The Paper does not propose measures to clear the entire accumulated financial liabilities of the Government which comes to nearly Rs. 5000 crores (The figure given in the Paper is Rs. 3477 crores. This does not account for all the liabilities, especially the recent accumulations). The plan is to clear them over a period. This would mean that some of the treasury restrictions might continue for a few years.

Borrowings by the Government this year is proposed to be limited to the levels approved by the Planning Commission for the last year. (The borrowings proposed is to the tune of Rs. 3,180 crores. The total public debt is stated to be Rs. 20,176 crores at the end of 1999-2000. This would exceed Rs.30,000 by 2002-03 according to projections).

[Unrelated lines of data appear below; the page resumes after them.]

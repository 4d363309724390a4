-- ===== src/Operator/Proving/Challenges.antt =====
-- The verifiers' challenge and the light client values: what `prove` writes, and what the circuit reads.
use clementine_citeria.Common.{◌%◌, ◌^◌, ◌<◌, ◌≡◌, List, [], ◌∷◌, ◌++◌, All, arith}
use clementine_citeria.Common.Bytes.{Bytes, bytes_eq_refl, IsHash}
use clementine_citeria.Common.Words.{
  to_le_bytes, from_le_bytes, length-to_le_bytes, to_le_bytes-IsByte, from_le_bytes-to_le_bytes,
}
use clementine_citeria.Hash.{Crypto}
use clementine_citeria.Env
use clementine_citeria.Env.{Environment}
use clementine_citeria.Env.Tape.{
  Item, bytes32, u32, IsTape, Reads, Reads-bind, Reads-bind-nil, Reads-pure, Reads-32bytes,
  Reads-u32, Writes-32bytes, Writes-u32, Writes-for_each, items_all,
}
use clementine_citeria.Circuit.Bridge.{
  Challenge, verify_challenge_proof, read_and_verify_lc_proof,
  read_and_verify_verifiers_challenge_proof,
}
use clementine_citeria.Operator.Proving.{run, write_lc_proof, write_verifiers_challenge_proof}
use clementine_citeria.Operator.Proving.Produces.{Produces, Produces-run, Produces-bind}

abbrev pub challenge_items : Challenge → List Item
challenge_items challenge =
    bytes32 challenge.last_finalized_blockhash
    ∷ bytes32 (to_le_bytes 32 challenge.verifiers_pow)
    ∷ u32 challenge.period
    ∷ []

module _ ⦃e : Environment⦄ ⦃i : IsTape e⦄ where
  pub Produces-challenge :
      (proof : List Bytes) (challenge : Challenge)
      → All IsHash proof
      → Produces
          (write_verifiers_challenge_proof proof challenge)
          (items_all (λ x. bytes32 x ∷ []) proof ++ challenge_items challenge)
          tt
  unfolding write_verifiers_challenge_proof
  Produces-challenge proof challenge h =
      let blockhash = challenge.last_finalized_blockhash in
      let work = to_le_bytes 32 challenge.verifiers_pow in
      Produces-bind (run (Env.for_each proof e.write_32bytes)) _
        (items_all (λ x. bytes32 x ∷ []) proof) (challenge_items challenge) tt tt
        (Produces-run _ _ (
          Writes-for_each e.write_32bytes (λ x. bytes32 x ∷ []) IsHash (λ x hx. Writes-32bytes x)
            proof h))
        (Produces-bind (run (e.write_32bytes blockhash)) _ (bytes32 blockhash ∷ []) _ tt tt
          (Produces-run _ _ (Writes-32bytes blockhash))
          (Produces-bind (run (e.write_32bytes work)) _ (bytes32 work ∷ []) _ tt tt
            (Produces-run _ _ (Writes-32bytes work))
            (Produces-run _ _ (Writes-u32 challenge.period))))

  pub Produces-lc_proof :
      (blockhash root : Bytes)
      → Produces (write_lc_proof blockhash root) (bytes32 blockhash ∷ bytes32 root ∷ []) tt
  unfolding write_lc_proof
  Produces-lc_proof blockhash root =
      Produces-bind (run (e.write_32bytes blockhash)) _ (bytes32 blockhash ∷ []) _ tt tt
        (Produces-run _ _ (Writes-32bytes blockhash)) (Produces-run _ _ (Writes-32bytes root))

  pub Reads-lc_proof :
      ⦃c : Crypto⦄
      → (blockhash root : Bytes) → IsHash blockhash
      → IsHash root
      → Reads (read_and_verify_lc_proof blockhash root) (bytes32 blockhash ∷ bytes32 root ∷ []) tt
  unfolding read_and_verify_lc_proof
  Reads-lc_proof blockhash root hb hr =
      Reads-bind e.read_32bytes _ (bytes32 blockhash ∷ []) _ blockhash tt
        (Reads-32bytes blockhash hb)
        (rw (bytes_eq_refl blockhash) (
          Reads-bind (Env.pure tt) _ [] (bytes32 root ∷ []) tt tt (Reads-pure tt) (
            Reads-bind-nil e.read_32bytes _ (bytes32 root ∷ []) root tt (Reads-32bytes root hr)
              (rw (bytes_eq_refl root) (Reads-pure tt)))))

  -- The circuit reads the challenge that was written, whose period is a byte.
  pub Reads-challenge :
      ⦃c : Crypto⦄
      → (p0 p1 p2 p3 : Bytes) (challenge : Challenge) → All IsHash (p0 ∷ p1 ∷ p2 ∷ p3 ∷ [])
      → IsHash challenge.last_finalized_blockhash
      → challenge.verifiers_pow < 2 ^ 256
      → challenge.period < 256
      → Reads read_and_verify_verifiers_challenge_proof
          (items_all (λ x. bytes32 x ∷ []) (p0 ∷ p1 ∷ p2 ∷ p3 ∷ []) ++ challenge_items challenge)
          challenge
  unfolding read_and_verify_verifiers_challenge_proof verify_challenge_proof
  Reads-challenge p0 p1 p2 p3 challenge (h0, (h1, (h2, (h3, _)))) hb small byte =
      let blockhash = challenge.last_finalized_blockhash in
      let work = to_le_bytes 32 challenge.verifiers_pow in
      let is_work : IsHash work = (
        length-to_le_bytes 32 challenge.verifiers_pow,
        to_le_bytes-IsByte 32 challenge.verifiers_pow,
      ) in
      let low : challenge.period % 256 ≡ challenge.period = omega arith in
      let same : from_le_bytes work ≡ challenge.verifiers_pow =
        from_le_bytes-to_le_bytes 32 challenge.verifiers_pow small in
      Reads-bind e.read_32bytes _ (bytes32 p0 ∷ []) _ p0 challenge (Reads-32bytes p0 h0) (
        Reads-bind e.read_32bytes _ (bytes32 p1 ∷ []) _ p1 challenge (Reads-32bytes p1 h1) (
          Reads-bind e.read_32bytes _ (bytes32 p2 ∷ []) _ p2 challenge (Reads-32bytes p2 h2) (
            Reads-bind e.read_32bytes _ (bytes32 p3 ∷ []) _ p3 challenge (Reads-32bytes p3 h3) (
              Reads-bind e.read_32bytes _ (bytes32 blockhash ∷ []) _ blockhash challenge
                (Reads-32bytes blockhash hb)
                (Reads-bind e.read_32bytes _ (bytes32 work ∷ []) _ work challenge
                  (Reads-32bytes work is_work)
                  (Reads-bind-nil e.read_u32 _ (u32 challenge.period ∷ []) challenge.period
                    challenge (Reads-u32 challenge.period (omega arith))
                    (rw (same, low)
                      (Reads-bind (Env.pure tt) _ [] [] tt challenge (Reads-pure tt)
                        (Reads-pure challenge)))))))))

The Government may do well to drop the proposals for extending the World Bank-aided Forestry Project and avail a high interest loan from the Japanese Bank for International Cooperation for the Kerala Water Supply Project. Extravaganzas like the Kerala Horticulture Development Project need to be shunned. Departments show a tendency to spent money lavishly when they are flush with foreign funds. The Paper itself emphasises the need to arrest the excessive dependence on debts to finance budgetary operations.

The Award of the Eleventh Finance Commission has struck a crippling fiscal blow on the State's finances. What the State lost was Rs.3,664 crores to be received over five years (2000- 2005). If this had not happened, the resources needed to be raised immediately would have come down by half. The State should approach the Centre for amending this.

The problem with the Kerala State Electricity Board is acute. The increase in electricity tariffs proposed (60 per cent) is quite hard to stomach. The Board would need nearly as much resources as the State to balance its accounts. An enquiry is needed to fix responsibility for the gross mismanagement. The people have replaced the Government which mismanaged the State's finances. If anyone responsible for this sorry state of affairs remains at the helm of the KSEB, their removal is in order. So, the Board should be reconstituted with professionals and asked to propose bail out measures, instead of the Government readily agreeing to a steep hike in power tariffs.